BlueBrain / libsonata

A python and C++ interface to the SONATA format
https://libsonata.readthedocs.io/en/stable/
GNU Lesser General Public License v3.0
11 stars 12 forks source link

API for configuring HDF5 properties. #305

Closed 1uc closed 10 months ago

1uc commented 10 months ago

This PR consists of two parts, the first introduces new API which would allow developers to inject HDF5 properties (via File Access and Data Transfer Property Lists) for reading. This could be used to select a page buffer for paged HDF5 files, tweaking meta data cache sizes, etc.

It can also be used to inject collective MPI-IO into libsonata without making it dependent on MPI. This is sketched out in 0a770925fd3df8b0c1e61ac3795311c4230c0d9c. The entirety of that commit would be moved to a separate repository libsonata-mpi; and there would be little to no mention of MPI in libsonata.

The way this works is that there's two object FileAccessOpts and DataTransferOpts, each contains a shared_ptr to a polymorphic *Impl class. The polymorphic classes have a method:

void apply(HighFive::FileAccessProps& fapl);
void apply(HighFive::DataTransferProps& dxpl);

(respectively). Which will set the desired properties in the respective Property List.

While we can avoid the dependency on MPI, we do require changes to libsonata that make it compatible with MPI-IO. One of them is sketeched out in collective::_readSelection. With the new aggregated reading, we can also make ?fferent_edges collective.

There's a difficulty in packaging. We require that mpi4py is a build-time dependency. The issue is that build-time dependencies are both static and mandatory. It is easy to implement a version of libsonata-mpi which doesn't have MPI support. This allows user code which expects MPI-IO works without changes even if libsonata-mpi doesn't have MPI-IO support, by simply not performing MPI-IO. The difficulty is that we can't write a pyproject.toml or setup.py for libsonata-mpi that can build either the MPI-enable or MPI-disabled version by simply passing flags or detecting mpi4py. What can be done is break build isolation and install all requirements manually, then install libsonata-mpi depending on whether mpi4py is present, it'll build with or without MPI support. Using Spack we can work around this limitation.

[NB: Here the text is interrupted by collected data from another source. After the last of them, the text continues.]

-- ===== src/Api/Laws/Copy.antt =====
-- `read` into a buffer and `write` from it (simulator/api/file.c).
use cvm.Base.{
  ℕ, ◌+◌, ◌^◌, ◌≤◌, ◌<◌, ◌≡◌, refl, ap, ap₂, ◌∙◌, arith, List, [], ◌∷◌, length, take, All,
}
use cvm.Outcome.{ok, ◌>>=◌}
use cvm.Mem.{Memory, size, set_byte}
use cvm.Mem.Laws.{place_pos}
use cvm.Vm.{Vm, set_mem, abi_func_param_n, abi_func_set_return}
use cvm.Base.Word.{widen}
use cvm.Api.{Host, return}
use cvm.Api.File.{read_block, write_block, deliver, cpu0_read, cpu0_write}

-- The bytes below a block that is written stay.
write_block_before :
    (m : Memory) (a : ℕ) (bs : List ℕ) (x : ℕ) → x < a → (write_block m a bs).bytes x ≡ m.bytes x
unfolding write_block
write_block_before m a [] x h = refl
write_block_before m a (b ∷ bs) x h =
    write_block_before (set_byte m a b) (a + 1) bs x (omega arith) ∙ ground arith

read_block-write_block :
    (m : Memory) (a : ℕ) (bs : List ℕ)
    → All (λ b. b < 2 ^ 8) bs
    → read_block (write_block m a bs) a (length bs) ≡ bs
unfolding read_block write_block
read_block-write_block m a [] h = refl
read_block-write_block m a (b ∷ bs) (small, rest) =
    ap₂ (λ c cs. c ∷ cs)
      (write_block_before (set_byte m a b) (a + 1) bs a (omega arith) ∙ ground arith)
      (read_block-write_block (set_byte m a b) (a + 1) bs rest)

write_block-size : (m : Memory) (a : ℕ) (bs : List ℕ) → size (write_block m a bs) ≡ size m
unfolding write_block
write_block-size m a [] = refl
write_block-size m a (b ∷ bs) = write_block-size (set_byte m a b) (a + 1) bs

take-all : (bs : List ℕ) → take (length bs) bs ≡ bs
take-all [] = refl
take-all (b ∷ bs) = ap (λ cs. b ∷ cs) (take-all bs)

deliver_lem :
    (m : Memory) (a : ℕ) (bs : List ℕ)
    → a + length bs ≤ size m
    → deliver m a bs ≡ ok (write_block m a bs)
unfolding deliver write_block
deliver_lem m a [] h = refl
deliver_lem m a (b ∷ bs) h = rw (place_pos m a (length (b ∷ bs)) h)

write_of :
    {W : Type 0} (host : Host W) (vm : Vm) (tid out buf n : ℕ) (w : W)
    → abi_func_param_n vm tid 1 ≡ ok out
    → abi_func_param_n vm tid 2 ≡ ok buf
    → abi_func_param_n vm tid 3 ≡ ok n
    → buf + widen n ≤ size vm.mem
    → cpu0_write host vm tid w ≡ return vm (host.file_write out (read_block vm.mem buf (widen n)) w)
unfolding cpu0_write
write_of host vm tid out buf n w q1 q2 q3 fits =
    rw (q1, q2, q3, place_pos vm.mem buf (widen n) fits)

module _ {W : Type 0} (host : Host W) (vm : Vm) (tid : ℕ) (w w' : W) (fd buf ret : ℕ)
    (got : List ℕ) where
  -- The machine after the read.
  abbrev pub filled : Vm
  filled = abi_func_set_return (set_mem vm (write_block vm.mem buf got)) ret

  -- A `read` that fills a buffer inside the block with bytes, as many as the size that the program
  -- passes, widened to 64 bits, and a `write` of the same buffer
  -- after it: the host is given the bytes that it gave, in a machine that differs from the first
  -- by those bytes and the result.
  pub cpu0_write-cpu0_read :
      (out n : ℕ)
      → widen n ≡ length got
      → abi_func_param_n vm tid 1 ≡ ok fd
      → abi_func_param_n vm tid 2 ≡ ok buf
      → abi_func_param_n vm tid 3 ≡ ok n
      → host.file_read fd (length got) w ≡ (ret, got, w')
      → All (λ b. b < 2 ^ 8) got
      → buf + length got ≤ size vm.mem
      → abi_func_param_n filled tid 1 ≡ ok out
      → abi_func_param_n filled tid 2 ≡ ok buf
      → abi_func_param_n filled tid 3 ≡ ok n
      → (cpu0_read host vm tid w >>= λ r. cpu0_write host r.0 tid r.1)
        ≡ return filled (host.file_write out got w')
  unfolding cpu0_read abi_func_set_return
  cpu0_write-cpu0_read out n long p1 p2 p3 read bytes fits q1 q2 q3 =
      rw (p1, p2, p3, long, read, take-all got, deliver_lem vm.mem buf got fits)
        (write_of host filled tid out buf n w' q1 q2 q3
            (rw long (omega (arith, fits, write_block-size vm.mem buf got)))
          ∙ ap (λ bs. return filled (host.file_write out bs w'))
              (ap (read_block filled.mem buf) long ∙ read_block-write_block vm.mem buf got bytes))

1uc commented 10 months ago

Alternatively we could inject not just options but an entire Hdf5Reader which would have (the next closest thing to) a polymorphic template:

template<class T>
virtual std::vector<T> readSelection(const HighFive::DataSet& dset, const Selection& selection) const = 0;

and a polymorphic function for opening the HDF5 file.

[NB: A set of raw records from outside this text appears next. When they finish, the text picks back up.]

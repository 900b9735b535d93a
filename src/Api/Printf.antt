-- ===== src/Api/Printf.antt =====
-- simulator/api/printf.c. The buffer of 4096 bytes is kept as the text written to it so far; its
-- length is `n`. `snprintf` is the C library's: it returns the length of the whole text.
use cvm.Base.{
  ℕ, zero, suc, ◌+◌, ◌-◌, ◌/◌, ◌%◌, ◌^◌, ◌&&◌, not, List, [], ◌∷◌, ◌++◌, ◌==◌, ltb, if◌then◌else◌,
  take, length,
}
use cvm.Base.Int.{pos}
use cvm.Base.Word.{is_neg}
use cvm.Outcome.{Result, ok, fault, ◌>>=◌, out_of_bounds}
use cvm.Mem.{Memory, size, load8}
use cvm.Vm.{Vm, abi_func_param_n}
use cvm.Api.{Host, Call, return}
use cvm.Api.File.{string_at}

abbrev pub max_cache_buff_size : ℕ
max_cache_buff_size = 4096

-- The digits of a number in a base, most significant first; a word has at most 10 of them in
-- base 10, and 8 in base 16.
digit_char : ℕ → ℕ → ℕ
digit_char letter d = if ltb d 10 then b'0' + d else letter + (d - 10)

digits : ℕ → ℕ → ℕ → ℕ → List ℕ → List ℕ
unfolding digit_char
digits zero base letter n acc = acc
digits (suc fuel) base letter n acc =
    let acc' : List ℕ = digit_char letter (n % base) ∷ acc in
    let rest = digits fuel base letter (n / base) acc' in if n / base == 0 then acc' else rest

decimal : ℕ → List ℕ
unfolding digits
decimal n = if is_neg n then b'-' ∷ digits 10 10 b'a' (2 ^ 32 - n) [] else digits 10 10 b'a' n []

-- The text of one conversion; `none` for a letter that is not supported.
unfoldable pub conversion : ℕ → ℕ → Memory → Result (List ℕ)
unfolding decimal
conversion t arg m =
    if t == b'd'
    then ok (decimal arg)
    else if t == b'x'
    then ok (digits 8 16 b'a' arg [])
    else if t == b'X'
    then ok (digits 8 16 b'A' arg [])
    else if t == b's'
    then string_at m arg
    else if t == b'c'
    then ok (arg % 2 ^ 8 ∷ [])
    else ok []

-- `sizeof(buf) && *p`, the number that `n` is held against.
abbrev pub loop_bound : ℕ → ℕ
loop_bound c = if not (max_cache_buff_size == 0) && not (c == 0) then 1 else 0

-- A round of the loop that reads `c` at the place `p` of the format; `go` is the rest of the loop.
unfoldable pub format_round :
    (ℕ → ℕ → List ℕ → Result (List ℕ)) → Vm → ℕ → ℕ → ℕ → List ℕ → ℕ → Result (List ℕ)
unfolding conversion
format_round go vm tid p idx text c =
    if not (ltb (length text) (loop_bound c))
    then ok text
    else if c == b'%'
    then (do
      t ← load8 vm.mem (pos (p + 1))
      arg ← abi_func_param_n vm tid (idx + 1)
      s ← conversion t arg vm.mem
      go (p + 2) (idx + 1) (text ++ s))
    else go (p + 1) idx (text ++ c ∷ [])

-- The loop at the place `p`; the rounds are bounded by the bytes of the block.
unfoldable pub format_loop : ℕ → Vm → ℕ → ℕ → ℕ → List ℕ → Result (List ℕ)
unfolding format_round
format_loop zero vm tid p idx text = fault out_of_bounds
format_loop (suc left) vm tid p idx text = do
  c ← load8 vm.mem (pos p)
  format_round (λ p idx text. format_loop left vm tid p idx text) vm tid p idx text c

-- What `puts` makes of a buffer.
unfoldable pub until_nul : List ℕ → List ℕ
until_nul [] = []
until_nul (c ∷ cs) = if c == 0 then [] else c ∷ until_nul cs

-- `buf[n-1] = 0`, which is outside the buffer for `n = 0` and for `n` past its size.
unfoldable pub end_text : List ℕ → Result (List ℕ)
unfolding until_nul
end_text text =
    if length text == 0
    then fault out_of_bounds
    else if ltb max_cache_buff_size (length text)
    then fault out_of_bounds
    else ok (until_nul (take (length text - 1) text))

unfoldable pub cpu0_printf : {W : Type 0} → Host W → Call W
unfolding format_loop end_text
cpu0_printf host vm tid w = do
  fmt ← abi_func_param_n vm tid 1
  text ← format_loop (suc (suc (size vm.mem))) vm tid fmt 1 []
  line ← end_text text
  return vm (host.put_line line w)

The rules inside libsonata would be to collectively call Hdf5Reader::readSelection. However, inside the method each party is free to implement whatever they see fit, including short-circuiting logic for empty edge cases (which breaks collective semantics). In a different reader we can implement a variant that's compatible with MPI-IO. Likewise we can inject alternative readers that perform aggregation for GPFS without MPI-IO. While retaining an implementation which doesn't perform any aggregation to reduce the number of bytes read, e.g. for SSDs.